En estas siguientes jornadas iremos desde Namche Bazaar, situado a tres mil cuatrocientos metros de altura, hasta una aldea emplazada en un ambiente espectacular, Dingboche, a mil metros por encima de aquel. Pero ese trayecto es mucho más que eso, vamos a pasar bruscamente de los espesos bosques que nos han venido acompañando desde el principio a los ecosistemas de alta montaña, de una atmósfera tropical y exuberante a otra alpina y austera, de los opresivos y angostos valles inferiores a los inmensos espacios abiertos de las cumbres, del verde intenso al hielo y la nieve, de las laderas fértiles y humanizadas a otro ambiente inhóspito y peligroso.
Pero vayamos por partes, nos habíamos quedado en la entrada del Parque Nacional de Sagarmatha, en su misma puerta, en la jornada quinta de nuestro camino. Una vez pagada allí mismo la entrada al parque continuamos peleándonos con los escalones, camino del centro neurálgico de la región del Khumbu: el ya citado Namche Bazaar. El permiso de trekking lo pagaremos poco antes de alcanzar esta población. Caminamos y seguimos absortos en lo que nos ofrecen no solo los paisajes boscosos, sino la propia cultura sherpa. Numerosas rocas pintadas jalonan nuestro caminar como las tres que muestran las siguientes imágenes tomadas en menos de siete minutos de marcha. Además, puentes colgantes, infinitos banderines de oración y las propias gentes con las que nos cruzamos hacen que la llegada a Namche sea motivo de satisfacción. El primer hito de la ruta lo hemos alcanzado, la capital del pueblo sherpa, mítica como lo es Skardú a las puertas del Karakorum o Lhasa a las del Tíbet.

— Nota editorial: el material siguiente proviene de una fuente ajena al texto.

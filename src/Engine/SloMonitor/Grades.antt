-- ===== src/Engine/SloMonitor/Grades.antt =====
-- What the severity of a verdict says of the feed.
use systematic_trading_valid.Common.{
  Bool, Bool-cases, ap, false, if◌then◌else◌, inl, inr, leb, ltb, nat_eq, not, pair_eq, refl, true,
  ◌&&◌, ◌*◌, ◌+◌, ◌||◌, ◌∙◌, ◌≡◌,
}
use systematic_trading_valid.Common.Text.{text_eq}
use systematic_trading_valid.Engine.Degradation.{
  Severity, hard_breach, mode_eq, ok_verdict, soft_breach,
}
use systematic_trading_valid.Engine.SloMonitor.{
  Monitor, above_percent, below_percent, is_market_dormant, second,
}
use systematic_trading_valid.Engine.BarFreshness.{stale_after}
use systematic_trading_valid.Engine.SloMonitor.Integrity.{
  Findings, Measures, Payload, Reason, evaluate_data_integrity, judge, measure, passes, raise_first,
  raise_hard, raise_soft,
}

-- The grade of a feed with a critical fault, with a lesser one, or with none
abbrev pub grade : Bool → Bool → Severity
grade true degraded = hard_breach
grade false true = soft_breach
grade false false = ok_verdict

-- A fault that by itself blocks: stale bars, gaps, quotes that fail, a broken sequence, or a late feed
abbrev pub is_critical : Measures → Bool
is_critical x =
    ltb (x.bar_period + 600 * second) x.freshness
    || above_percent x.missing_rate 18
    || below_percent x.success_rate 55
    || leb 5 x.misalignments
    || (ltb 0 x.lag_period && ltb (30 * x.lag_period) (900 * x.lag))

abbrev pub is_degraded : Measures → Bool
is_degraded x =
    ltb (x.bar_period + 150 * second) x.freshness
    || above_percent x.missing_rate 6
    || below_percent x.success_rate 85
    || x.circuit_tripped
    || leb 1 x.misalignments
    || (ltb 0 x.lag_period && ltb (15 * x.lag_period) (900 * x.lag))

-- The severity so far is the grade of the faults so far.
record Graded (f : Findings) (h d : Bool) : Type 0 where
  holds : f.severity ≡ grade h d

Graded-soft :
    (f : Findings) (h d b : Bool) (r : Reason) → Graded f h d → Graded (raise_soft b r f) h (d || b)
unfolding raise_soft
Graded-soft f true true true r g = record { holds = simp (g.holds) }
Graded-soft f true true false r g = g
Graded-soft f true false true r g = record { holds = simp (g.holds) }
Graded-soft f true false false r g = g
Graded-soft f false true true r g = record { holds = simp (g.holds) }
Graded-soft f false true false r g = g
Graded-soft f false false true r g = record { holds = simp (g.holds) }
Graded-soft f false false false r g = g

Graded-hard :
    (f : Findings) (h d b : Bool) (r : Reason) → Graded f h d → Graded (raise_hard b r f) (h || b) d
unfolding raise_hard
Graded-hard f true d true r g = record { holds = refl }
Graded-hard f true d false r g = g
Graded-hard f false d true r g = record { holds = refl }
Graded-hard f false d false r g = g

-- `if` with an `elif`: the second test counts only where the first fails.
Graded-either :
    (f : Findings) (h d b c : Bool) (r q : Reason)
    → Graded f h d
    → Graded (raise_first b r c q f) (h || b) (d || c)
unfolding raise_first
Graded-either f true d true c r q g = record { holds = refl }
Graded-either f false d true c r q g = record { holds = refl }
Graded-either f true d false c r q g = Graded-soft f true d c q g
Graded-either f false d false c r q g = Graded-soft f false d c q g

judge_grade : (x : Measures) → Graded (judge x) (is_critical x) (is_degraded x)
unfolding judge stale_after
judge_grade x = Graded-either _ _ _ _ _ _ _ (
    Graded-either _ _ _ _ _ _ _ (
      Graded-soft _ _ _ _ _ (
        Graded-hard _ _ _ _ _ (
          Graded-soft _ _ _ _ _ (
            Graded-hard _ _ _ _ _ (
              Graded-soft _ _ _ _ _ (
                Graded-hard _ _ _ _ _
                  (Graded-soft _ false false _ _ (record { holds = refl })))))))))

passes-grade : (h d : Bool) → passes (grade h d) ≡ not (h || d)
passes-grade true d = refl
passes-grade false true = refl
passes-grade false false = refl

-- An open market's verdict is hard exactly if the feed has a critical fault, soft exactly if it has only
-- lesser ones, and passes exactly if it has none; a closed market's passes, whatever the feed says.
-- A tripped circuit breaker alone is soft, and the lag of the research backfill counts for nothing.
pub severity_exact :
    (m : Monitor) (p : Payload)
    → let v = (evaluate_data_integrity m p).1 in
      let closed = is_market_dormant m p.is_crypto p.exchange_reference in
      let x = measure m p in
      (v.severity ≡ (if closed then ok_verdict else grade (is_critical x) (is_degraded x)))
      × (v.passed ≡ (closed || not (is_critical x || is_degraded x)))
unfolding evaluate_data_integrity
severity_exact m p = elim (Bool-cases (is_market_dormant m p.is_crypto p.exchange_reference)) [
  | inl e ↦ rw (e, if◌then◌else◌) (refl, refl)
  | inr e ↦
      rw (e, if◌then◌else◌)
        (
          (judge_grade (measure m p)).holds,
          ap passes (judge_grade (measure m p)).holds
              ∙ passes-grade (is_critical (measure m p)) (is_degraded (measure m p)),
        )
]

Aunque el cielo a nuestra llegada a Namche Bazaar sigue estando nublado, la mañana del día siguiente amanece apoteósica y parece querer confirmarnos que el clima en las alturas nos dará una tregua y será compasivo con nosotros. Cielos casi completamente despejados nos permiten ver desde nuestras habitaciones las montañas que nos rodean por primera vez desde que hemos iniciado la marcha.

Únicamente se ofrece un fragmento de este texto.